EXERCISE BRIEF –
Each line in the listing below that contains "full" should be returned.

STORED DATA –
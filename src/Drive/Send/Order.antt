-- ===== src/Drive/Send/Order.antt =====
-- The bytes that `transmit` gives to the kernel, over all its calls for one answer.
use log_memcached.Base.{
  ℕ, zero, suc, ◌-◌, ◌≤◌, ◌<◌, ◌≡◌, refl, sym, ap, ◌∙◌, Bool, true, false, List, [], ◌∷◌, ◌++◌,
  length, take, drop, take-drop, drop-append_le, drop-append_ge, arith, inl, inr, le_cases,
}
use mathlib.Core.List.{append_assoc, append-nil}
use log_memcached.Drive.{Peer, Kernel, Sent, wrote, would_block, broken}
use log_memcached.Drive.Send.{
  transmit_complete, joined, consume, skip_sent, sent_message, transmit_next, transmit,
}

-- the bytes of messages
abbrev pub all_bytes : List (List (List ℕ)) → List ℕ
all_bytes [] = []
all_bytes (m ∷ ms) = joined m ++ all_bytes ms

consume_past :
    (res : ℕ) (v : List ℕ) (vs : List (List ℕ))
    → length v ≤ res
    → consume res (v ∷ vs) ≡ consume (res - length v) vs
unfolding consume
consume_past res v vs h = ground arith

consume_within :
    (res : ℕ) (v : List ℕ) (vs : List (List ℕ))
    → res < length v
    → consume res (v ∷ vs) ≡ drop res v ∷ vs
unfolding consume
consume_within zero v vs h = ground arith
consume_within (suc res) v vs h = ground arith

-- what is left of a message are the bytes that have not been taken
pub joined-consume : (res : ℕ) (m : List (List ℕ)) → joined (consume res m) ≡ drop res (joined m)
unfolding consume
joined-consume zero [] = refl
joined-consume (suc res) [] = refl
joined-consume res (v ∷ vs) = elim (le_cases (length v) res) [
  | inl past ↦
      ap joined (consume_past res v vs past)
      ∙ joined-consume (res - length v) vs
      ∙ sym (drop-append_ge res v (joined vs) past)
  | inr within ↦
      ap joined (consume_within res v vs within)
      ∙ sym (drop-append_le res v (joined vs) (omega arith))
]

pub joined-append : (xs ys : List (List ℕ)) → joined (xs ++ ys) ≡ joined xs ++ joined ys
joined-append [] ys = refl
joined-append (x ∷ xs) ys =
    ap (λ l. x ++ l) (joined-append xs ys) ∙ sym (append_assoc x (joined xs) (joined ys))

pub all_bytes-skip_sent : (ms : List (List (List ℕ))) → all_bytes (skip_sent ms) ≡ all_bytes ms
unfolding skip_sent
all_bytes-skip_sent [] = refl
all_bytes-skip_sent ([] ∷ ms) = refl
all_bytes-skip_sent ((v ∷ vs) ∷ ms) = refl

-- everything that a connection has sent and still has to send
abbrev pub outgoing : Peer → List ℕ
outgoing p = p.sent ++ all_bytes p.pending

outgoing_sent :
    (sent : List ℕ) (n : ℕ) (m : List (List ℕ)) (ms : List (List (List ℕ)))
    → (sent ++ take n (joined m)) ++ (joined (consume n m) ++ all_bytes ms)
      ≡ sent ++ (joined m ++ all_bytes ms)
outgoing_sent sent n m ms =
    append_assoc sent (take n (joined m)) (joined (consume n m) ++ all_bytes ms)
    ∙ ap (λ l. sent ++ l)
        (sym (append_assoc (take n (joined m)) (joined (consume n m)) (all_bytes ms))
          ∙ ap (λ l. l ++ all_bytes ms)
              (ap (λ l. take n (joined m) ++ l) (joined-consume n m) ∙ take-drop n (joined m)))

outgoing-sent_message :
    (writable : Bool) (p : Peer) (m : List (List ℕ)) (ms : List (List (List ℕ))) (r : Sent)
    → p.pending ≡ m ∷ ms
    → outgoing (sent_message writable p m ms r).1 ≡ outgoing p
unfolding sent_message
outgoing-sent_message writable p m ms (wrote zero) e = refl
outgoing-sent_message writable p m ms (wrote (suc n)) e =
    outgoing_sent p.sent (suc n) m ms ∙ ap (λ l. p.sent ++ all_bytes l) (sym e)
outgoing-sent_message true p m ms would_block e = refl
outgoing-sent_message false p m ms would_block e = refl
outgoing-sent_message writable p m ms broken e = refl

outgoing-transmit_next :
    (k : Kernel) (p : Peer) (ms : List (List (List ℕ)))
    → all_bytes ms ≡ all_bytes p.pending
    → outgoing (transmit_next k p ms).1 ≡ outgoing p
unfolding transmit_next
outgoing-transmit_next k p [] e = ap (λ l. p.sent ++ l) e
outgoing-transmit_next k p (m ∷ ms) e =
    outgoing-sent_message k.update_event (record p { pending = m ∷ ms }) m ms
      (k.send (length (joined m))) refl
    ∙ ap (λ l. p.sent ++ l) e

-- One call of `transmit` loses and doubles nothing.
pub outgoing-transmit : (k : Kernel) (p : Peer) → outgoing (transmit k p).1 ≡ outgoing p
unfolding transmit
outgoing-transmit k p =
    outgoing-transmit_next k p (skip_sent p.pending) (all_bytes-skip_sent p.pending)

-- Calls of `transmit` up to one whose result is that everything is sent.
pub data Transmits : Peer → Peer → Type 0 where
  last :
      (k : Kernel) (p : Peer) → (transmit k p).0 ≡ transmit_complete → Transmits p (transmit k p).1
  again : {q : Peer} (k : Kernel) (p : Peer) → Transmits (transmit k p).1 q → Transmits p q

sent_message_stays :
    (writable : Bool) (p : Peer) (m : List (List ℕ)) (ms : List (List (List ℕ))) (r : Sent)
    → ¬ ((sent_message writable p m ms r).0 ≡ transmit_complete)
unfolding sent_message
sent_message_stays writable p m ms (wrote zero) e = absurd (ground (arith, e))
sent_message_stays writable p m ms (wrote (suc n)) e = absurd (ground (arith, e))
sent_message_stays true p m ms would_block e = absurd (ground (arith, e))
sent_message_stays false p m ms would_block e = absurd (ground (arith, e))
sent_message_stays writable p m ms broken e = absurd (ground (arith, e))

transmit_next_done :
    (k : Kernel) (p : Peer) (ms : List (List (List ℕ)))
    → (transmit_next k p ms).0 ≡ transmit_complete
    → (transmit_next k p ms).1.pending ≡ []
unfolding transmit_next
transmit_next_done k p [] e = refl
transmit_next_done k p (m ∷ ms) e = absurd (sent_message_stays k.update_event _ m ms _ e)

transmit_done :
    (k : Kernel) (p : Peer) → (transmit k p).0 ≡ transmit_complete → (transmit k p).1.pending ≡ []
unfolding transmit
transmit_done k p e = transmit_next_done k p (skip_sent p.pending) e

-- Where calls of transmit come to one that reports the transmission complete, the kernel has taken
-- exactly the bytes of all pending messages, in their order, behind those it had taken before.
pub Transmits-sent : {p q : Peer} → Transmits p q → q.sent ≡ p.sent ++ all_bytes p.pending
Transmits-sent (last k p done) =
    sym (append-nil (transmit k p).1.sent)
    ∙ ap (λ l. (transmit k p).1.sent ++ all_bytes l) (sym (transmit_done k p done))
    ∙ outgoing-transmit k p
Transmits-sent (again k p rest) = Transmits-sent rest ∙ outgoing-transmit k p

==

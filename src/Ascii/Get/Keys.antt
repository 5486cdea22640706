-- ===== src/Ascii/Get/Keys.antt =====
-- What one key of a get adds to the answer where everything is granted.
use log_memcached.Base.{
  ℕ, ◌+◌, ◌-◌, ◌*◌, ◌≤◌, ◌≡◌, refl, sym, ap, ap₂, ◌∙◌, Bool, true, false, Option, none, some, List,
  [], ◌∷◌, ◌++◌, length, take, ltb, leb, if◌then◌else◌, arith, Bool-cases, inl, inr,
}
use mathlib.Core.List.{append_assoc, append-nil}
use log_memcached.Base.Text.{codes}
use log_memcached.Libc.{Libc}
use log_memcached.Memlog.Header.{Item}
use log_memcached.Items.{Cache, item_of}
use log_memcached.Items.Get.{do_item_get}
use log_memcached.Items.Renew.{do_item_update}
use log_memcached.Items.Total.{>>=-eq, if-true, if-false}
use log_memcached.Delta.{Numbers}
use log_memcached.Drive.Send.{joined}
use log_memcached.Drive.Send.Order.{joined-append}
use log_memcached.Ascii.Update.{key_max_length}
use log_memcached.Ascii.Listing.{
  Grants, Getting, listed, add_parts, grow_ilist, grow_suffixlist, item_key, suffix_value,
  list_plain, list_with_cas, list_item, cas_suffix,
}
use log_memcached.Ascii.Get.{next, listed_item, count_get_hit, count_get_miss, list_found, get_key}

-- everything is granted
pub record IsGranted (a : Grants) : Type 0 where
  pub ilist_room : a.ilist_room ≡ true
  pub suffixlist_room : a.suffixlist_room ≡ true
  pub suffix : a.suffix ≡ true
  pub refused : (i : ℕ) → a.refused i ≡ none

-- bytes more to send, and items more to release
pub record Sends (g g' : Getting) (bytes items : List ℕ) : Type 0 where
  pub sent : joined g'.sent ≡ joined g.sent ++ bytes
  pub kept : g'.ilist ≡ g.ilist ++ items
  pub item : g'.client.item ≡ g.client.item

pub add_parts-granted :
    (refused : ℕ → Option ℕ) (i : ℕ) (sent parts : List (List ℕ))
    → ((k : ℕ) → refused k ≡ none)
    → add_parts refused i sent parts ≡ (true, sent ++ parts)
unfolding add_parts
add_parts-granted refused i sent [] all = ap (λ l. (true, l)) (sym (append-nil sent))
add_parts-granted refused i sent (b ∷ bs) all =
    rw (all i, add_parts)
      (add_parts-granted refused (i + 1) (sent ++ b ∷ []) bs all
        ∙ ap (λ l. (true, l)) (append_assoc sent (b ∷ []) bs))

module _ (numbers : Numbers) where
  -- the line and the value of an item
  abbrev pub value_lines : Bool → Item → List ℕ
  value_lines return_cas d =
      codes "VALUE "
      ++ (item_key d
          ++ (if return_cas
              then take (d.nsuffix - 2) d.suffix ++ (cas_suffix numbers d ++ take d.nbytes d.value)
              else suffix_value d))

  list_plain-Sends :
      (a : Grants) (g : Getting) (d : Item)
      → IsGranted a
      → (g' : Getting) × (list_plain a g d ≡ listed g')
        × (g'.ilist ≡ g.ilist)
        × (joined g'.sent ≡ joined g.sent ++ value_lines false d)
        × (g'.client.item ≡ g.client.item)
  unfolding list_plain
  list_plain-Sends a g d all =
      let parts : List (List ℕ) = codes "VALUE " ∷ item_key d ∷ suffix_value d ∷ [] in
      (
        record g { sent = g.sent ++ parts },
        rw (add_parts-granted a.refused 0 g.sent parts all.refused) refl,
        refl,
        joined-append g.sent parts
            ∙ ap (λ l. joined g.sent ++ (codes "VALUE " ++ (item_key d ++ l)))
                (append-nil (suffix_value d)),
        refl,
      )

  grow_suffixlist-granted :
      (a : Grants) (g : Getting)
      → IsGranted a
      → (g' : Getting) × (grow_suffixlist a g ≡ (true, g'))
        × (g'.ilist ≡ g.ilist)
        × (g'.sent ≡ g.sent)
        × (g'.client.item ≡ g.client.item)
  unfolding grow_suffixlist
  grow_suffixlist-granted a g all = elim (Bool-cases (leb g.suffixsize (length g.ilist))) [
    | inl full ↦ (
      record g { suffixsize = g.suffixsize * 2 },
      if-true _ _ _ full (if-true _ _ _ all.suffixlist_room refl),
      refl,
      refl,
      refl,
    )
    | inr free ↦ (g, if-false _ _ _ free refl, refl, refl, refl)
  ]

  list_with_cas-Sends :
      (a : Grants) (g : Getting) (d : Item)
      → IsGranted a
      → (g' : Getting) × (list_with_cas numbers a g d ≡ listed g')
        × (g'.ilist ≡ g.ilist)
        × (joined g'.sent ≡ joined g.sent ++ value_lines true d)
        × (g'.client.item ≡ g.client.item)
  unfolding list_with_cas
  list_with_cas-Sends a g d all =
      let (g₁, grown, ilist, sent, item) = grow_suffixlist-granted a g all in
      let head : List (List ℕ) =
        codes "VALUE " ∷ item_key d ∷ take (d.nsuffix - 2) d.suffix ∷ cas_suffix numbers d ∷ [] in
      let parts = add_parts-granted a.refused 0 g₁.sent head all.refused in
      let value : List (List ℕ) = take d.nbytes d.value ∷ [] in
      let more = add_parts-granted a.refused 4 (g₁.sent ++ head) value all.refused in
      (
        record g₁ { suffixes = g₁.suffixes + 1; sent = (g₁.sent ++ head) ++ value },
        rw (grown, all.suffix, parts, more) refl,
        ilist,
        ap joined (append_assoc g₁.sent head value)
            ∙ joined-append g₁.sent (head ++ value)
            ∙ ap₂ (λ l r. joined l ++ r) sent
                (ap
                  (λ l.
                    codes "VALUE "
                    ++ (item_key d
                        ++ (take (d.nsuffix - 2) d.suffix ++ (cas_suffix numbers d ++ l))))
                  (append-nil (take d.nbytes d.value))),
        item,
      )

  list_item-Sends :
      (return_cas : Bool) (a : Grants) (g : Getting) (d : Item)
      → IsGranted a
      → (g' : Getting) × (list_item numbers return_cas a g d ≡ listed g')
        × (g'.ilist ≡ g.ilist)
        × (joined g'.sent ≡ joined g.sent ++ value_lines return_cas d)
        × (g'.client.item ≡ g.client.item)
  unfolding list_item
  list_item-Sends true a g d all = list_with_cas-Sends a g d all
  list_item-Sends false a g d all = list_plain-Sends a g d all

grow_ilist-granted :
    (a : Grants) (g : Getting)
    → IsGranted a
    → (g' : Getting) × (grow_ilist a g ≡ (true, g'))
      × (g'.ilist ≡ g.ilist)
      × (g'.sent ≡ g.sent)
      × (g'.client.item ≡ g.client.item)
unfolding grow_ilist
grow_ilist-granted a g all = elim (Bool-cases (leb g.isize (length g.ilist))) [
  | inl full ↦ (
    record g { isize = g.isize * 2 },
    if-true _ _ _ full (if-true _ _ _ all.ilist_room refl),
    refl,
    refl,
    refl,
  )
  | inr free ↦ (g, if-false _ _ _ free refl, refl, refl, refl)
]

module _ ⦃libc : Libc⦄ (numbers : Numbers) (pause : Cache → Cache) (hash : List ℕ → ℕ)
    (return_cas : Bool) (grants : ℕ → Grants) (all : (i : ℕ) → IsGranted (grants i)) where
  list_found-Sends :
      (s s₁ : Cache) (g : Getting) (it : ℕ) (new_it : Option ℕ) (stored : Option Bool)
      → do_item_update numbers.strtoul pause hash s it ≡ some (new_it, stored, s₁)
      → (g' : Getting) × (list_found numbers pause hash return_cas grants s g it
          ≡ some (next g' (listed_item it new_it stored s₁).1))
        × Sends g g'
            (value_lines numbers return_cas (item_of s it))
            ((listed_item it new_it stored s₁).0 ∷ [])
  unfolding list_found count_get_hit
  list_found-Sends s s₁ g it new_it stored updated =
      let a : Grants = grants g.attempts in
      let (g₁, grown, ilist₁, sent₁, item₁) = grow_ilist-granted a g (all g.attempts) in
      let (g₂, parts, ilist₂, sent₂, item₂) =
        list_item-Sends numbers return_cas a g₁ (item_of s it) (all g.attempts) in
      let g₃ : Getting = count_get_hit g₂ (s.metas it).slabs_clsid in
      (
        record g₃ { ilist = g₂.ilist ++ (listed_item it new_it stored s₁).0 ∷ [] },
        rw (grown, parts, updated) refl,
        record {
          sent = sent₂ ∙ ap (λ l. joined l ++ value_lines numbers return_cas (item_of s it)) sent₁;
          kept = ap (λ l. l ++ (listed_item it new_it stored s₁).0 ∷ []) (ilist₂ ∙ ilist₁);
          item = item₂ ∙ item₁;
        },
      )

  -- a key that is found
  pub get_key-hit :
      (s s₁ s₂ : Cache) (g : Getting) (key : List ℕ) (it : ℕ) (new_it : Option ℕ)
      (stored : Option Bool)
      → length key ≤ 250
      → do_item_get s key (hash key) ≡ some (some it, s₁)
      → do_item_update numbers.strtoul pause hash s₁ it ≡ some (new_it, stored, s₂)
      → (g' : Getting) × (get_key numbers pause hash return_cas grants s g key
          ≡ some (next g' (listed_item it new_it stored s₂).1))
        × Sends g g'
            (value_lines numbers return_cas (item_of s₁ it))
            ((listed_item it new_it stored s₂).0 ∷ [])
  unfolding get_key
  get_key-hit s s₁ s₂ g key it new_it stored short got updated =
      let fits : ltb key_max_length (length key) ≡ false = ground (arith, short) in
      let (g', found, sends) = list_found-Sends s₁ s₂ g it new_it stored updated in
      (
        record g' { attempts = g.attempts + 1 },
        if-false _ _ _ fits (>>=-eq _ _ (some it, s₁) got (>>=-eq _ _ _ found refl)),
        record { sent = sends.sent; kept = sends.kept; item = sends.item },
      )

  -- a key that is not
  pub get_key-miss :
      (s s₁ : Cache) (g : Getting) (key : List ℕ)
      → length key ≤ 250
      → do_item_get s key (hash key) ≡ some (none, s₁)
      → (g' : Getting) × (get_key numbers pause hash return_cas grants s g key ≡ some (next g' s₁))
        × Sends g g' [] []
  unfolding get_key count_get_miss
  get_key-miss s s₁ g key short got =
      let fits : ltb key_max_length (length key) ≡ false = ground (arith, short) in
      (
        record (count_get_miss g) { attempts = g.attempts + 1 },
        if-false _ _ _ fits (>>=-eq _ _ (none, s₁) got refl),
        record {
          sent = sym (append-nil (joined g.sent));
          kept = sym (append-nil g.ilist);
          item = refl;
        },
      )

---

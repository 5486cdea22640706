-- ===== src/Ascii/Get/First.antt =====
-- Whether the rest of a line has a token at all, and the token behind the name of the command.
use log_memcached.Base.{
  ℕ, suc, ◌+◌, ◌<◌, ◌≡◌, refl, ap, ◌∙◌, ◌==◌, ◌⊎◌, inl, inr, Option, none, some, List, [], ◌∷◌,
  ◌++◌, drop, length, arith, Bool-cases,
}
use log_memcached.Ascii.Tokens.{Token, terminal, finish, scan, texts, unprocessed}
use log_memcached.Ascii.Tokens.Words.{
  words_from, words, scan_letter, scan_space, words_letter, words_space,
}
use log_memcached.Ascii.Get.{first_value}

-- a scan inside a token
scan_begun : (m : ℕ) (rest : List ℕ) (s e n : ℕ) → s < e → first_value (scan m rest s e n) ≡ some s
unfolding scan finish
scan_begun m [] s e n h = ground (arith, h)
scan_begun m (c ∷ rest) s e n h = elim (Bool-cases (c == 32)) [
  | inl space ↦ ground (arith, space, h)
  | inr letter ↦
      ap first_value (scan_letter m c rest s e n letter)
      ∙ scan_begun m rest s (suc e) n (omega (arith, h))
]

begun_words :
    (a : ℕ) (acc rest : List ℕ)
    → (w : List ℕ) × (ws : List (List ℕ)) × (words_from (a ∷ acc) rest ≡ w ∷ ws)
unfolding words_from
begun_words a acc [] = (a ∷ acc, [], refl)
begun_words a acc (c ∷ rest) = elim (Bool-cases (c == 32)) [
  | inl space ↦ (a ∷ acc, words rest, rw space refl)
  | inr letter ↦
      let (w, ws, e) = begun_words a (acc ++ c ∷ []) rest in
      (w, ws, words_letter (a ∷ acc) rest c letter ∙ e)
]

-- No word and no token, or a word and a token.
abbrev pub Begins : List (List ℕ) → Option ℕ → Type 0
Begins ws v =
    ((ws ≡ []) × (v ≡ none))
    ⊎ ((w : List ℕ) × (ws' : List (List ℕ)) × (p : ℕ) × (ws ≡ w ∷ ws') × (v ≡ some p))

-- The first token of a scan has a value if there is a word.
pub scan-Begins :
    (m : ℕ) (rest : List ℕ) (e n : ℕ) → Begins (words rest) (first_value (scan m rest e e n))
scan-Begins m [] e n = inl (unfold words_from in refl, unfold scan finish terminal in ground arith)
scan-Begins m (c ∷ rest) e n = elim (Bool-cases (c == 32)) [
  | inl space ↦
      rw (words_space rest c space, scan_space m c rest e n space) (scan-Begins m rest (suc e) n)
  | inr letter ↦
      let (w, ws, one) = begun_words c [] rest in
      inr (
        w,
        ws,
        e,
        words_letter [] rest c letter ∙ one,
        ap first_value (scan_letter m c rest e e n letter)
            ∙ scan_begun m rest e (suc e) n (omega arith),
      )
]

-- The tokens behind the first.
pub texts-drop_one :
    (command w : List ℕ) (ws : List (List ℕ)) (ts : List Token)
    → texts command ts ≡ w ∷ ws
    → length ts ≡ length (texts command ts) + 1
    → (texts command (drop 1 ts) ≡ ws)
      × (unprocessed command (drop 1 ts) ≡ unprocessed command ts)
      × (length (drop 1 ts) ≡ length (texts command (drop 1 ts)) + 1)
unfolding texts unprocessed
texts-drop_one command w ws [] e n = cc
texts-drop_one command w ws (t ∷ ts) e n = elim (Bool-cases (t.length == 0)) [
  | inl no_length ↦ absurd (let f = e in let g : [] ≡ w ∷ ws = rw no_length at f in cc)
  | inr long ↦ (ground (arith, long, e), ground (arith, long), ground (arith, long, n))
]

RESULT OF THIS TASK –
    | inl full ↦ (
      if-true _ _ _ full (if-true _ _ _ all.suffixlist_room refl),
  | inl full ↦ (
    if-true _ _ _ full (if-true _ _ _ all.ilist_room refl),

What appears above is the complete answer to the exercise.